Explanation: The first executor in a backup plan must be the
coordinator executor. It is followed by worker executors only.
User Action: Move the coordinator executor the beginning of the
list of executors.
40.1034 – PLNMASTD
First executor in backup plan cannot be assigned tape drives.
Explanation: The coordinator executor in the backup plan file
does not write to tape. Therefore,it should not be assigned any
tape drives.
User Action: Remove the tape drive list from the definition of
the coordinator executor.
40.1035 – PLNMISEXE
No executors listed in backup plan.
Explanation: A list of executors is missing from the backup
plan file.
User Action: Use the List_Plan and Parallel qualifiers with the
RMU Backup command to generate a plan file.
40.1036 – PLNMISMAS
First executor in backup plan is not the coordinator executor.

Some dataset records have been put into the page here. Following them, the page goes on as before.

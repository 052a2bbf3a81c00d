-- ===== src/DataPlane/Wheel.antt =====
-- include/chronosx/timing_wheel.hpp as the data plane sees it: a weight over the frames that a wheel
-- holds, and what `schedule` adds to it.
use chronos_x.Base.{
  ℕ, zero, suc, ◌+◌, ◌<◌, ◌≡◌, false, List, [], ◌∷◌, arith, length, set, get_or, take,
  if◌then◌else◌, ltb, leb, Bool-cases, inl, inr, add64,
}
use chronos_x.TimingWheel.{
  DelayedFrame, Slot, TimingWheel, schedule, schedule_at, slot_at, slot_index, empty_slot,
  at_least_one, ScheduleStatus,
}
use chronos_x.TimingWheel.Invariant.{IsValid, entries, index-lt, slot_at-SlotOk}
use chronos_x.DataPlane.{is_scheduled}

module _ {A : Type 0} (weight : A → ℕ) where
  unfoldable pub weigh : List A → ℕ
  weigh [] = 0
  weigh (x ∷ xs) = weight x + weigh xs

  -- A list grows by the element written behind its prefix.
  pub weigh-set_next :
      (xs : List A) (n : ℕ) (x : A)
      → n < length xs
      → weigh (take (suc n) (set xs n x)) ≡ weigh (take n xs) + weight x
  unfolding weigh
  weigh-set_next [] n x h = absurd (omega arith)
  weigh-set_next (y ∷ xs) zero x h = ground arith
  weigh-set_next (y ∷ xs) (suc n) x h = omega (arith, weigh-set_next xs n x (omega arith))

module _ (weight : ℕ → ℕ) where
  abbrev pub frame_weight : DelayedFrame → ℕ
  frame_weight f = weight f.frame_address

  unfoldable pub slot_weight : Slot → ℕ
  slot_weight s = weigh frame_weight (entries s)

  unfoldable pub wheel_weight : TimingWheel → ℕ
  wheel_weight w = weigh slot_weight w.slots

  pub weigh-set :
      (slots : List Slot) (i : ℕ) (s d : Slot)
      → i < length slots
      → weigh slot_weight (set slots i s) + slot_weight (get_or slots i d)
        ≡ weigh slot_weight slots + slot_weight s
  unfolding weigh
  weigh-set [] i s d h = absurd (omega arith)
  weigh-set (x ∷ slots) zero s d h = omega arith
  weigh-set (x ∷ slots) (suc i) s d h = omega (arith, weigh-set slots i s d (omega arith))

  module _ (slot_count max_frames : ℕ) where
    -- What a call of the scheduler adds, by its status.
    abbrev pub Kept : (ScheduleStatus × TimingWheel) → TimingWheel → ℕ → Type 0
    Kept r w address =
        wheel_weight r.1 ≡ wheel_weight w + (if is_scheduled r.0 then weight address else 0)

    schedule_at-Kept :
        (w : TimingWheel) (f : DelayedFrame)
        → IsValid slot_count max_frames w
        → Kept (schedule_at slot_count max_frames w f) w f.frame_address
    unfolding schedule_at wheel_weight slot_weight
    schedule_at-Kept w f v =
        elim (Bool-cases (leb max_frames (slot_at slot_count max_frames w f.release_tick).count)) [
          | inl full ↦ rw full (omega arith)
          | inr room ↦ rw room (
              omega (
                arith,
                added room,
                weigh-set w.slots (slot_index slot_count f.release_tick) (new_slot)
                    (empty_slot max_frames) (index-lt slot_count max_frames w f.release_tick v),
              ))
        ]
      where
        slot : Slot
        slot = slot_at slot_count max_frames w f.release_tick

        new_slot : Slot
        new_slot = record { frames = set slot.frames slot.count f; count = suc slot.count }

        added :
            leb max_frames slot.count ≡ false
            → slot_weight new_slot ≡ slot_weight slot + weight f.frame_address
        added room =
            weigh-set_next frame_weight slot.frames slot.count f
              (ground (arith, (slot_at-SlotOk slot_count max_frames w f.release_tick v).size))

    pub schedule-Kept :
        (w : TimingWheel) (f : DelayedFrame) (delay : ℕ)
        → IsValid slot_count max_frames w
        → Kept (schedule slot_count max_frames w f delay) w f.frame_address
    unfolding schedule wheel_weight
    schedule-Kept w f delay v = elim (Bool-cases (ltb slot_count delay)) [
      | inl far ↦ rw far (omega arith)
      | inr near ↦ rw near (
          schedule_at-Kept w (record f { release_tick = add64 w.current_tick (at_least_one delay) })
            v)
    ]

module _ (slot_count max_frames : ℕ) where
  pub schedule-current_tick :
      (w : TimingWheel) (f : DelayedFrame) (delay : ℕ)
      → (schedule slot_count max_frames w f delay).1.current_tick ≡ w.current_tick
  unfolding schedule schedule_at
  schedule-current_tick w f delay = ground arith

Explanation: The first executor of backup plan must always be
the coordinator executor. The subsequent executors must all be
worker executors.
User Action: Move the declaration of the coordinator executor
to the beginning of the list of executors.
40.1037 – PLNMISRBF
No backup file specified in backup plan.
Explanation: The backup plan file name is missing from the plan
file.
User Action: Add the name of the backup file to the plan file.
40.1038 – PLNMISRT
No database specified in backup plan.
Explanation: The database root file is not specified in the
plan file.
User Action: Add the name of the database to the plan file.
40.1039 – PLNMISSLV
Executor <str> should be a worker executor.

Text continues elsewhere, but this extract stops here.